Opus International Consultants gained 6.3 percent to $1.87. WSP Global Inc, a Canadian listed consultancy firm, has lifted its offer for Opus after the company declared a 14 cent dividend. Shareholders who choose to sell will now receive $1.92 per share, from the previous $1.85 per share which allowed Opus to declare a fully imputed dividend of 7 cents a share.

Evolve Education was flat at 78 cents, though it traded most of the day at 79 cents. Chief executive of Evolve Alan Wham resigned last month after the early childhood education centre operator warned annual profit will fall as much as 12 percent in the current year. Mark Finlay, a former director who stepped down from the board earlier this month, is acting as interim CEO.

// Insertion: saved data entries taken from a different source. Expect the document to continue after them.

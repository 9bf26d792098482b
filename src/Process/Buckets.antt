-- ===== src/Process/Buckets.antt =====
-- The hash table of the processes by pid: `find_proc` finds what `hash_proc` puts there.
use nku_os_2025_lab.Prelude.{
  ℕ, zero, suc, ◌+◌, ◌≤◌, ◌<◌, ◌≡◌, ◌≢◌, refl, sym, ap, subst, ◌∙◌, ◌⊎◌, inl, inr, List, [], ◌∷◌,
  Option, some, arith, All, All-map, Among, NotIn, length, eq→==, ne→==, update, update_self,
  update_ne, lt→ltb, le→ltb,
}
use native.Mathlib.Decide.{ℕ_discrete, dec_lt}
use nku_os_2025_lab.Libs.Hash.{hash32}
use nku_os_2025_lab.Libs.LinkedList.{Links, list_add}
use nku_os_2025_lab.Libs.LinkedList.Ring.{IsChain, IsRing, IsSeg-IsChain}
use nku_os_2025_lab.Libs.LinkedList.Insert.{IsRing-list_add_head, IsRing-list_add_other}
use nku_os_2025_lab.Process.{Processes, max_pid, pid_hashfn, find_proc_loop, find_proc}

-- The number of buckets.
abbrev pub hash_list_size : ℕ
hash_list_size = 1024

pub pid_hashfn-lt : (pid : ℕ) → pid_hashfn pid < hash_list_size
unfolding hash32
pid_hashfn-lt pid = omega arith

-- The entry is not one of the headers of the table, which start at `base`.
abbrev pub IsEntry : ℕ → ℕ → Type 0
IsEntry base x = (x < base) ⊎ (base + hash_list_size ≤ x)

-- The processes of every bucket, each in the bucket of its pid.
pub record IsTable (base : ℕ) (links : Links) (pid : ℕ → ℕ) (buckets : ℕ → List ℕ) : Type 0 where
  pub rings : (b : ℕ) → b < hash_list_size → IsRing links (base + b) (buckets b)
  pub hashed : (b : ℕ) → All (λ x. pid_hashfn (pid x) ≡ b) (buckets b)
  pub entries : (b : ℕ) → All (IsEntry base) (buckets b)
  pub present : (b : ℕ) → All (λ x. x ≢ 0) (buckets b)

-- An entry that is no header is not a header of a bucket.
pub header_ne : (base b x : ℕ) → b < hash_list_size → IsEntry base x → base + b ≢ x
header_ne base b x h (inl k) e = omega arith
header_ne base b x h (inr k) e = omega arith

-- Buckets have no process in common.
pub other_bucket :
    (pid : ℕ → ℕ) (b c x : ℕ) (zs : List ℕ)
    → b ≢ c
    → pid_hashfn (pid x) ≡ c
    → All (λ z. pid_hashfn (pid z) ≡ b) zs
    → NotIn x zs
other_bucket pid b c x zs n h k =
    All-map _ _ zs
      (λ z (e : pid_hashfn (pid z) ≡ b) q. n (sym e ∙ ap (λ w. pid_hashfn (pid w)) q ∙ h)) k

module _ (base : ℕ) (links : Links) (pid : ℕ → ℕ) (buckets : ℕ → List ℕ)
    (v : IsTable base links pid buckets) (proc : ℕ) (entry : IsEntry base proc)
    (new : (b : ℕ) → NotIn proc (buckets b)) (real : proc ≢ 0) where
  -- The bucket that the process goes to, and the table with it.
  abbrev bucket : ℕ
  bucket = pid_hashfn (pid proc)

  abbrev wider : ℕ → List ℕ
  wider = update buckets bucket (proc ∷ buckets bucket)

  mine : IsRing links (base + bucket) (buckets bucket)
  mine = v.rings bucket (pid_hashfn-lt (pid proc))

  -- The header of the bucket is neither another header nor in another bucket.
  header_apart : (b : ℕ) → b ≢ bucket → NotIn (base + bucket) ((base + b) ∷ buckets b)
  header_apart b n = (
    (λ q. n (omega arith)),
    All-map _ _ (buckets b)
        (λ x (i : IsEntry base x) q. header_ne base bucket x (pid_hashfn-lt (pid proc)) i (sym q))
        (v.entries b),
  )

  -- The first entry of the bucket, or its header, is in no other bucket.
  first_apart :
      (b : ℕ) (ys : List ℕ)
      → b < hash_list_size
      → b ≢ bucket
      → IsRing links (base + bucket) ys
      → All (λ x. pid_hashfn (pid x) ≡ bucket) ys
      → All (IsEntry base) ys
      → NotIn (links.next (base + bucket)) ((base + b) ∷ buckets b)
  first_apart b [] h n r k e =
      subst (λ w. NotIn w ((base + b) ∷ buckets b)) (sym r.seg.0) (header_apart b n)
  first_apart b (y ∷ ys) h n r k e =
      subst (λ w. NotIn w ((base + b) ∷ buckets b)) (sym r.seg.0)
        (header_ne base b y h e.0, other_bucket pid b bucket y (buckets b) n k.0 (v.hashed b))

  at_bucket :
      (P : ℕ → ℕ → Type 0)
      → P bucket proc
      → ((b : ℕ) → All (P b) (buckets b))
      → (b : ℕ) → All (P b) (wider b)
  at_bucket P h k b = elim (ℕ_discrete b bucket) [
    | yes e ↦ rw e (rw (update_self buckets bucket (proc ∷ buckets bucket)) (h, k bucket))
    | no n ↦ rw (update_ne buckets bucket (proc ∷ buckets bucket) b n) (k b)
  ]

  pub IsTable-list_add : IsTable base (list_add (base + bucket) proc links) pid wider
  IsTable-list_add = record {
    rings = λ b h. elim (ℕ_discrete b bucket) [
      | yes e ↦ rw e (
          rw (update_self buckets bucket (proc ∷ buckets bucket)) (
            IsRing-list_add_head (buckets bucket) proc mine
              (header_ne base bucket proc (pid_hashfn-lt (pid proc)) entry, new bucket)))
      | no n ↦ rw (update_ne buckets bucket (proc ∷ buckets bucket) b n) (
          IsRing-list_add_other links (base + bucket) proc (base + b) (buckets b) (header_apart b n)
            (first_apart b (buckets bucket) h n mine (v.hashed bucket) (v.entries bucket))
            (header_ne base b proc h entry, new b) (v.rings b h))
    ];
    hashed = at_bucket (λ b x. pid_hashfn (pid x) ≡ b) refl v.hashed;
    entries = at_bucket (λ b. IsEntry base) entry v.entries;
    present = at_bucket (λ b x. x ≢ 0) real v.present;
  }

-- What a search among the processes `ys` gives: one with the pid, or NULL where none has it.
pub record Looked (pids : ℕ → ℕ) (pid : ℕ) (ys : List ℕ) (run : Option ℕ) : Type 0 where
  pub proc : ℕ
  pub result : run ≡ some proc
  pub verdict :
      ((proc ≡ 0) × All (λ x. pids x ≢ pid) ys) ⊎ ((proc ≢ 0) × Among proc ys × (pids proc ≡ pid))

skip :
    (pids : ℕ → ℕ) (pid x : ℕ) (ys : List ℕ) (run : Option ℕ)
    → pids x ≢ pid
    → Looked pids pid ys run
    → Looked pids pid (x ∷ ys) run
skip pids pid x ys run n r = record {
  proc = r.proc;
  result = r.result;
  verdict = elim r.verdict [ inl k ↦ inl (k.0, (n, k.1)) | inr k ↦ inr (k.0, inr k.1, k.2) ];
}

find_proc_loop-Looked :
    (fuel list le pid : ℕ) (s : Processes) (ys : List ℕ)
    → IsChain s.hash_links le ys list
    → NotIn list ys
    → All (λ x. x ≢ 0) ys
    → length ys < fuel
    → Looked s.pid pid ys (find_proc_loop fuel list le pid s)
unfolding find_proc_loop
find_proc_loop-Looked zero list le pid s ys c n z h = absurd (omega arith)
find_proc_loop-Looked (suc fuel) list le pid s [] c n z h = record {
  proc = 0;
  result = rw c (rw (eq→== list list refl) refl);
  verdict = inl (refl, tt);
}
find_proc_loop-Looked (suc fuel) list le pid s (y ∷ ys) c n z h = rw c.0 (
    rw (ne→== y list n.0) (elim (ℕ_discrete (s.pid y) pid) [
      | yes e ↦
          rw (eq→== (s.pid y) pid e)
            (record { proc = y; result = refl; verdict = inr (z.0, inl refl, e) })
      | no e ↦ rw (ne→== (s.pid y) pid e) (
          skip s.pid pid y ys _ e
            (find_proc_loop-Looked fuel list y pid s ys c.1 n.1 z.1 (omega arith)))
    ]))

-- The search in the bucket of a pid in bounds.
pub find_proc-Looked :
    (fuel pid : ℕ) (s : Processes) (buckets : ℕ → List ℕ)
    → IsTable s.hash_list s.hash_links s.pid buckets
    → 0 < pid
    → pid < max_pid
    → length (buckets (pid_hashfn pid)) < fuel
    → Looked s.pid pid (buckets (pid_hashfn pid)) (find_proc fuel pid s)
unfolding find_proc
find_proc-Looked fuel pid s buckets v l u h =
    let b = pid_hashfn pid in
    let ring = v.rings b (pid_hashfn-lt pid) in
    rw (lt→ltb 0 pid l) (
      rw (lt→ltb pid max_pid u) (
        find_proc_loop-Looked fuel (s.hash_list + b) (s.hash_list + b) pid s (buckets b)
          (IsSeg-IsChain s.hash_links (s.hash_list + b) (buckets b) (s.hash_list + b) ring.seg)
          ring.distinct.0 (v.present b) h))

pub find_proc-outside :
    (fuel pid : ℕ) (s : Processes) → ((pid ≡ 0) ⊎ (max_pid ≤ pid)) → find_proc fuel pid s ≡ some 0
unfolding find_proc
find_proc-outside fuel pid s (inl e) = rw (le→ltb 0 pid (omega arith)) refl
find_proc-outside fuel pid s (inr e) = elim (dec_lt 0 pid) [
  | yes h ↦ rw (lt→ltb 0 pid h, le→ltb pid max_pid e) refl
  | no h ↦ rw (le→ltb 0 pid (omega arith)) refl
]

“It’s continuing to recover, after the latest operating update they were extremely hard hit,” Goodson said. “Mark Finlay is very well regarded and it is hoped he can steady the ship there, it’s really an issue of the enrolment numbers which he should be able to get back.”

In late trading on the Australian stock exchange, CropLogic was down 6.5 percent to 14.5 Australian cents. Yesterday, the agricultural technology company dropped 23 percent to 15.5 Australian cents on its debut. It raised A$8 million in a fully subscribed share offer last month at an issue price of 20 Australian cents per share, with A$5 million of the capital raised underwritten by Hunter Capital Advisors.